There are **no reduce-reduce and shift-reduce conflicts**, because it should be determined by stacks.
### Parser Implement
### NFA Representations
We can represent shift-reduce parsing using an **NFA**, whose states are production with separator '`.`' on RHS. And we have an additional dummy production `S' -> S$` for a start and end state.
There are two types of transitions between the states:
* **shift transition**: transition by the shift actions.
* **$\epsilon$ transition**: that is the parser expand the expected list not consuming any input tokens. (transition to LHS of the production is equal to next of the current position)
#### NFA to DFA
NFA can be fully converted to DFA. by using DFA, the parser determine whether to shift or reduce: by using symbols in the stack to **traverse the state** and **determine whether to shift or reduce by destination state**.

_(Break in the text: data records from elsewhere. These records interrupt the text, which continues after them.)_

-- ===== src/Bank/Keeper/Payment.antt =====
-- The balances after one coin was moved.
use doge_sdk.Base.{
  ℕ, ◌+◌, ◌-◌, ◌^◌, ◌<◌, ◌≤◌, ◌≡◌, sym, ap, ◌∙◌, false, ◌&&◌, Option, none, some, arith,
  if◌then◌else◌, Bool-cases, Option-cases, inl, inr,
}
use doge_sdk.Base.Bytes.{Bytes, eq_bytes, cmp_refl, eq_bytes_comm, eq_of_cmp}
use doge_sdk.Database.Record.{Database}
use doge_sdk.Trees.External.{External}
use doge_sdk.Trees.Outcome.{ok, bind-eq-ok, ok-injective}
use doge_sdk.Store.KvStore.{KvStore, prefix_get}
use doge_sdk.Bank.Coin.{Coin}
use doge_sdk.Bank.Keeper.{
  CoinCodec, IsLawful, balance_or_zero, create_denom_balance_prefix, read_balance, decode_found,
}
use doge_sdk.Bank.Keeper.Cells.{stored, read_balance-stored}
use doge_sdk.Bank.Keeper.Transfer.{HasBalance, Paid}

-- How much of a denomination a coin is.
abbrev pub worth : Bytes → Coin → ℕ
worth e coin = if eq_bytes e coin.denom then coin.amount else 0

module _ ⦃c : CoinCodec⦄ (law : IsLawful c) where
  decode_found-bound :
      (found : Option Bytes) (coin : Coin)
      → decode_found found ≡ ok (some coin)
      → coin.amount < 2 ^ 256
  unfolding decode_found
  decode_found-bound none coin h = cc
  decode_found-bound (some bytes) coin h = elim (Option-cases (c.decode bytes)) [
    | inl n ↦ absurd (ground (arith, h, n))
    | inr (b, e) ↦
        let same : b ≡ coin = ground (arith, h, e) in rw (← same) (law.decode-bound bytes b e)
  ]

module _ ⦃x : External⦄ {S : Type 0} ⦃d : Database S⦄ ⦃c : CoinCodec⦄ (law : IsLawful c)
    (fuel : ℕ) where
  pub read_balance-bound :
      (s : KvStore S) (addr denom : Bytes) (coin : Coin)
      → read_balance fuel s addr denom ≡ ok (some coin)
      → coin.amount < 2 ^ 256
  unfolding read_balance
  read_balance-bound s addr denom coin h =
      let (found, e, k) =
        bind-eq-ok (prefix_get fuel s (create_denom_balance_prefix addr) denom) decode_found h in
      decode_found-bound law found coin k

  -- The balances after a coin was moved.
  read-Paid :
      (s s' : KvStore S) (from to : Bytes) (coin : Coin) (p : Paid fuel s s' from to coin)
      (b e : Bytes)
      → read_balance fuel s' b e ≡ (
          if eq_bytes b to && eq_bytes e coin.denom
          then ok (
              some (record (balance_or_zero coin.denom p.added.found) {
                amount = (balance_or_zero coin.denom p.added.found).amount + coin.amount;
              }))
          else if eq_bytes b from && eq_bytes e coin.denom
          then ok (some (record p.balance { amount = p.balance.amount - coin.amount }))
          else read_balance fuel s b e)
  read-Paid s s' from to coin p b e =
      let bound = read_balance-bound s from coin.denom p.balance p.read in
      let less : Coin = record p.balance { amount = p.balance.amount - coin.amount } in
      let old : Coin = balance_or_zero coin.denom p.added.found in
      let more : Coin = record old { amount = old.amount + coin.amount } in
      ap (λ st. read_balance fuel st b e) p.added.written
      ∙ read_balance-stored fuel (stored s from coin.denom less) law to coin.denom b e more
          p.added.fits
      ∙ ap (λ o. if eq_bytes b to && eq_bytes e coin.denom then ok (some more) else o)
          (read_balance-stored fuel s law from coin.denom b e less (omega arith))

  pub Paid-frame :
      (s s' : KvStore S) (from to : Bytes) (coin : Coin) (b e : Bytes)
      → Paid fuel s s' from to coin
      → eq_bytes b from ≡ false
      → eq_bytes b to ≡ false
      → read_balance fuel s' b e ≡ read_balance fuel s b e
  Paid-frame s s' from to coin b e p h k = read-Paid s s' from to coin p b e ∙ ground (arith, h, k)

  -- In the denomination of the coin.
  Paid-moves :
      (s s' : KvStore S) (from to : Bytes) (coin : Coin) (a b : ℕ)
      → eq_bytes from to ≡ false
      → Paid fuel s s' from to coin
      → HasBalance fuel s from coin.denom a
      → HasBalance fuel s to coin.denom b
      → HasBalance fuel s' from coin.denom (a - coin.amount)
        × HasBalance fuel s' to coin.denom (b + coin.amount)
        × (coin.amount ≤ a)
  Paid-moves s s' from to coin a b apart p (fa, ea, na) (fb, eb, nb) =
      let bound = read_balance-bound s from coin.denom p.balance p.read in
      let less : Coin = record p.balance { amount = p.balance.amount - coin.amount } in
      let old : Coin = balance_or_zero coin.denom p.added.found in
      let more : Coin = record old { amount = old.amount + coin.amount } in
      let same_a : fa ≡ some p.balance = ok-injective (sym ea ∙ p.read) in
      let apart' : eq_bytes to from ≡ false = eq_bytes_comm to from ∙ apart in
      let kept : read_balance fuel (stored s from coin.denom less) to coin.denom
          ≡ read_balance fuel s to coin.denom =
        read_balance-stored fuel s law from coin.denom to coin.denom less (omega arith)
        ∙ ground (arith, apart') in
      let same_b : fb ≡ p.added.found = ok-injective (sym eb ∙ sym kept ∙ p.added.read) in
      let held_a : p.balance.amount ≡ a =
        sym (ap (λ o. (balance_or_zero coin.denom o).amount) same_a) ∙ na in
      let held_b : old.amount ≡ b =
        sym (ap (λ o. (balance_or_zero coin.denom o).amount) same_b) ∙ nb in
      (
        (
          some less,
          read-Paid s s' from to coin p from coin.denom
              ∙ ground (arith, apart, cmp_refl from, cmp_refl coin.denom),
          omega arith,
        ),
        (
          some more,
          read-Paid s s' from to coin p to coin.denom
              ∙ ground (arith, cmp_refl to, cmp_refl coin.denom),
          omega arith,
        ),
        omega arith,
      )

  -- In another denomination.
  Paid-other :
      (s s' : KvStore S) (from to : Bytes) (coin : Coin) (b e : Bytes) (n : ℕ)
      → eq_bytes e coin.denom ≡ false
      → Paid fuel s s' from to coin
      → HasBalance fuel s b e n
      → HasBalance fuel s' b e n
  Paid-other s s' from to coin b e n other p (found, eq, v) =
      (found, read-Paid s s' from to coin p b e ∙ ground (arith, other, eq), v)

  pub Paid-HasBalance :
      (s s' : KvStore S) (from to : Bytes) (coin : Coin) (e : Bytes) (a b : ℕ)
      → eq_bytes from to ≡ false
      → Paid fuel s s' from to coin
      → HasBalance fuel s from e a
      → HasBalance fuel s to e b
      → HasBalance fuel s' from e (a - worth e coin)
        × HasBalance fuel s' to e (b + worth e coin)
        × (worth e coin ≤ a)
  Paid-HasBalance s s' from to coin e a b apart p ha hb =
      elim (Bool-cases (eq_bytes e coin.denom)) [
        | inl t ↦
            let same : e ≡ coin.denom = eq_of_cmp e coin.denom (ground (arith, t)) in
            let all : worth e coin ≡ coin.amount = ground (arith, t) in
            rw all
              (rw same (Paid-moves s s' from to coin a b apart p (rw same at ha) (rw same at hb)))
        | inr f ↦
            let nothing : worth e coin ≡ 0 = ground (arith, f) in
            let na : a - 0 ≡ a = omega arith in
            let nb : b + 0 ≡ b = omega arith in
            rw nothing (
              rw (na, nb)
                (
                  Paid-other s s' from to coin from e a f p ha,
                  Paid-other s s' from to coin to e b f p hb,
                  omega arith,
                ))
      ]
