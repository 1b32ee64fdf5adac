-- ===== src/Bank/Keeper/Conservation.antt =====
-- `send_coins` and the balances of the two addresses and of a third.
use doge_sdk.Base.{ℕ, ◌+◌, ◌-◌, ◌≤◌, ◌≡◌, refl, ◌∙◌, false, List, [], ◌∷◌, arith, inl, inr, ◌⊎◌}
use doge_sdk.Base.Bytes.{Bytes, eq_bytes}
use doge_sdk.Database.Record.{Database}
use doge_sdk.Trees.External.{External}
use doge_sdk.Trees.Outcome.{ok, bind-eq-ok}
use doge_sdk.Store.KvStore.{KvStore}
use doge_sdk.Bank.Coin.{Coin}
use doge_sdk.Bank.Keeper.{
  CoinCodec, IsLawful, Sent, sent, insufficient_funds, read_balance, send_coin, send_coins,
}
use doge_sdk.Bank.Keeper.Transfer.{HasBalance, Paid, send_coin-cases}
use doge_sdk.Bank.Keeper.Payment.{worth, Paid-HasBalance, Paid-frame}

-- How much of a denomination a list of coins is.
abbrev pub total : Bytes → List Coin → ℕ
total e [] = 0
total e (coin ∷ coins) = worth e coin + total e coins

module _ ⦃x : External⦄ {S : Type 0} ⦃d : Database S⦄ ⦃c : CoinCodec⦄ (law : IsLawful c)
    (fuel : ℕ) where
  send_coins_nil :
      (s s' : KvStore S) (from to : Bytes) (result : Sent)
      → send_coins fuel s from to [] ≡ ok (result, s')
      → s' ≡ s
  unfolding send_coins
  send_coins_nil s s' from to result h = ground (arith, h)

  -- The first coin and the others.
  send_coins_step :
      (s s' : KvStore S) (from to : Bytes) (coin : Coin) (coins : List Coin) (result : Sent)
      → send_coins fuel s from to (coin ∷ coins) ≡ ok (result, s')
      → ((result ≡ insufficient_funds) × (s' ≡ s))
        ⊎ ((s1 : KvStore S) × Paid fuel s s1 from to coin
            × (send_coins fuel s1 from to coins ≡ ok (result, s')))
  unfolding send_coins
  send_coins_step s s' from to coin coins result h =
      let ((r, s1), e, k) = bind-eq-ok (send_coin fuel s from to coin) _ h in
      elim (send_coin-cases fuel s s1 from to coin r e) [
        | inl (stop, same) ↦ inl (ground (arith, k, stop, same))
        | inr (go, paid) ↦ inr (s1, paid, ground (arith, k, go))
      ]

  -- If encoded coins are read back: sending coins between two different addresses whose balances
  -- can be read, if it returns, leaves the sum of the two balances of every denomination as it was, whether it ends with success or
  -- with an error.
  pub send_coins-conserves :
      (s s' : KvStore S) (from to : Bytes) (coins : List Coin) (result : Sent) (e : Bytes) (a b : ℕ)
      → eq_bytes from to ≡ false
      → HasBalance fuel s from e a
      → HasBalance fuel s to e b
      → send_coins fuel s from to coins ≡ ok (result, s')
      → (a' : ℕ) × (b' : ℕ) × HasBalance fuel s' from e a'
        × HasBalance fuel s' to e b'
        × (a' + b' ≡ a + b)
  send_coins-conserves s s' from to [] result e a b apart ha hb h =
      rw (send_coins_nil s s' from to result h) (a, b, ha, hb, refl)
  send_coins-conserves s s' from to (coin ∷ coins) result e a b apart ha hb h =
      elim (send_coins_step s s' from to coin coins result h) [
        | inl (stop, same) ↦ rw same (a, b, ha, hb, refl)
        | inr (s1, paid, k) ↦
            let (ha1, hb1, le) =
              Paid-HasBalance law fuel s s1 from to coin e a b apart paid ha hb in
            let (a', b', ha', hb', sum) =
              send_coins-conserves s1 s' from to coins result e (a - worth e coin)
                (b + worth e coin) apart ha1 hb1 k in
            (a', b', ha', hb', omega (arith, sum, le))
      ]

  -- If encoded coins are read back, and sending coins between two different addresses whose
  -- balances can be read succeeds, then of every denomination the
  -- coins' total has been taken from the one balance, which held as much, and added to the other.
  pub send_coins-HasBalance :
      (s s' : KvStore S) (from to : Bytes) (coins : List Coin) (e : Bytes) (a b : ℕ)
      → eq_bytes from to ≡ false
      → HasBalance fuel s from e a
      → HasBalance fuel s to e b
      → send_coins fuel s from to coins ≡ ok (sent, s')
      → HasBalance fuel s' from e (a - total e coins)
        × HasBalance fuel s' to e (b + total e coins)
        × (total e coins ≤ a)
  send_coins-HasBalance s s' from to [] e a b apart ha hb h =
      let na : a - 0 ≡ a = omega arith in
      let nb : b + 0 ≡ b = omega arith in
      rw (send_coins_nil s s' from to sent h) (rw (na, nb) (ha, hb, omega arith))
  send_coins-HasBalance s s' from to (coin ∷ coins) e a b apart ha hb h =
      elim (send_coins_step s s' from to coin coins sent h) [
        | inl (stop, same) ↦ cc
        | inr (s1, paid, k) ↦
            let w = worth e coin in
            let (ha1, hb1, le) =
              Paid-HasBalance law fuel s s1 from to coin e a b apart paid ha hb in
            let (ha', hb', le') =
              send_coins-HasBalance s1 s' from to coins e (a - w) (b + w) apart ha1 hb1 k in
            let less : a - (w + total e coins) ≡ a - w - total e coins = omega arith in
            let more : b + (w + total e coins) ≡ b + w + total e coins = omega arith in
            rw (less, more) (ha', hb', omega arith)
      ]

  -- If encoded coins are read back: sending coins, if it returns, with success or with an error, changes no balance of a third
  -- address.
  pub read_balance-send_coins :
      (s s' : KvStore S) (from to : Bytes) (coins : List Coin) (result : Sent) (other e : Bytes)
      → eq_bytes other from ≡ false
      → eq_bytes other to ≡ false
      → send_coins fuel s from to coins ≡ ok (result, s')
      → read_balance fuel s' other e ≡ read_balance fuel s other e
  read_balance-send_coins s s' from to [] result other e f t h =
      rw (send_coins_nil s s' from to result h) refl
  read_balance-send_coins s s' from to (coin ∷ coins) result other e f t h =
      elim (send_coins_step s s' from to coin coins result h) [
        | inl (stop, same) ↦ rw same refl
        | inr (s1, paid, k) ↦
            read_balance-send_coins s1 s' from to coins result other e f t k
            ∙ Paid-frame law fuel s s1 from to coin other e paid f t
      ]
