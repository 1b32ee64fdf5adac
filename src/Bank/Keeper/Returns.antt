-- ===== src/Bank/Keeper/Returns.antt =====
-- When `send_coins` returns, and with what.
use doge_sdk.Base.{
  ℕ, ◌+◌, ◌-◌, ◌^◌, ◌<◌, ◌≡◌, refl, ◌∙◌, true, false, Option, none, some, arith, leb, ltb,
  if◌then◌else◌, Bool-cases, inl, inr,
}
use doge_sdk.Base.Bytes.{Bytes, eq_bytes, eq_bytes_comm}
use doge_sdk.Database.Record.{Database}
use doge_sdk.Trees.External.{External}
use doge_sdk.Trees.Outcome.{ok}
use doge_sdk.Store.KvStore.{KvStore}
use doge_sdk.Bank.Coin.{Coin}
use doge_sdk.Bank.Keeper.{
  CoinCodec, IsLawful, sent, insufficient_funds, balance_or_zero, read_balance, send_coin, sent,
  insufficient_funds,
}
use doge_sdk.Bank.Keeper.Cells.{stored, read_balance-stored}
use doge_sdk.Bank.Keeper.Transfer.{
  HasBalance, send_coin-none, send_coin-short, send_coin-enough, add_coin-fits,
}
use doge_sdk.Bank.Keeper.Payment.{read_balance-bound}

leb-of-ltb : (a b : ℕ) → ltb a b ≡ true → leb b a ≡ false
leb-of-ltb a b h = ground arith

leb-of-not-ltb : (a b : ℕ) → ltb a b ≡ false → leb b a ≡ true
leb-of-not-ltb a b h = ground arith

ltb_of_lt : (a b : ℕ) → a < b → ltb a b ≡ true
ltb_of_lt a b h = ground arith

leb_zero : (n : ℕ) → 0 < n → leb n 0 ≡ false
leb_zero n h = ground arith

module _ ⦃x : External⦄ {S : Type 0} ⦃d : Database S⦄ ⦃c : CoinCodec⦄ (law : IsLawful c)
    (fuel : ℕ) where
  -- If encoded coins are read back: sending a positive amount of one coin between two different addresses, whose balances can be
  -- read and whose sum fits, returns: with success if the balance is large enough, and otherwise
  -- with an error and the store as it was.
  pub send_coin-returns :
      (s : KvStore S) (from to : Bytes) (coin : Coin) (a b : ℕ)
      → eq_bytes from to ≡ false
      → 0 < coin.amount
      → HasBalance fuel s from coin.denom a
      → HasBalance fuel s to coin.denom b
      → b + coin.amount < 2 ^ 256
      → (s' : KvStore S) × (send_coin fuel s from to coin
          ≡ ok (if leb coin.amount a then (sent, s') else (insufficient_funds, s)))
  send_coin-returns s from to coin a b apart positive ha hb fits = go ha.0 ha.1 ha.2
    where
      go :
          (fa : Option Coin)
          → read_balance fuel s from coin.denom ≡ ok fa
          → (balance_or_zero coin.denom fa).amount ≡ a
          → (s' : KvStore S) × (send_coin fuel s from to coin
              ≡ ok (if leb coin.amount a then (sent, s') else (insufficient_funds, s)))
      go none e n = (
        s,
        send_coin-none fuel s from to coin e ∙ rw (← n) (rw (leb_zero coin.amount positive) refl),
      )
      go (some ca) e n = elim (Bool-cases (ltb ca.amount coin.amount)) [
        | inl t ↦
            (s, send_coin-short fuel s from to coin ca e t ∙ rw (← n) (rw (leb-of-ltb _ _ t) refl))
        | inr t ↦
            let less : Coin = record ca { amount = ca.amount - coin.amount } in
            let bound = read_balance-bound law fuel s from coin.denom ca e in
            let apart' : eq_bytes to from ≡ false = eq_bytes_comm to from ∙ apart in
            let kept : read_balance fuel (stored s from coin.denom less) to coin.denom ≡ ok hb.0 =
              read_balance-stored fuel s law from coin.denom to coin.denom less (omega arith)
              ∙ ground (arith, apart', hb.1) in
            let sum : (balance_or_zero coin.denom hb.0).amount + coin.amount < 2 ^ 256 =
              rw hb.2 fits in
            let added =
              add_coin-fits fuel (stored s from coin.denom less) to coin hb.0 kept
                (ltb_of_lt _ _ sum) in
            (
              stored (stored s from coin.denom less) to coin.denom
                  (record (balance_or_zero coin.denom hb.0) {
                    amount = (balance_or_zero coin.denom hb.0).amount + coin.amount;
                  }),
              send_coin-enough fuel s from to coin ca e t
                  ∙ rw added (rw (← n) (rw (leb-of-not-ltb _ _ t) refl)),
            )
      ]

### Parsing Table And LR(0)
DFA Traversal is implemented by simplifying DFA to **LR Parsing Table**.
Store the states along with the symbols in the stack: <`symbol`, `state`>
There are two different types of tables: `goto`, `action`.
* `goto`: determine the next state using the top state and an **input non-terminal**.
* `action`: determine the action using the top state and an input terminal.
And table consists of four different actions:
* `shift x`: push<a, x> on the stack (a is current input and x is a state)
* `reduce x -> a`: pop a from the stack and push <`x`, `goto[curr_state, x]`>
* accept(`S' -> S$.`) / Error
DFA states are converted to index of each rows.
### SLR(1) Parsing
A simple extension of LR(0).
For each reduction `X -> b`, look at the next symbol `c` and then apply reduction only if `c` is in `Follow(X)`.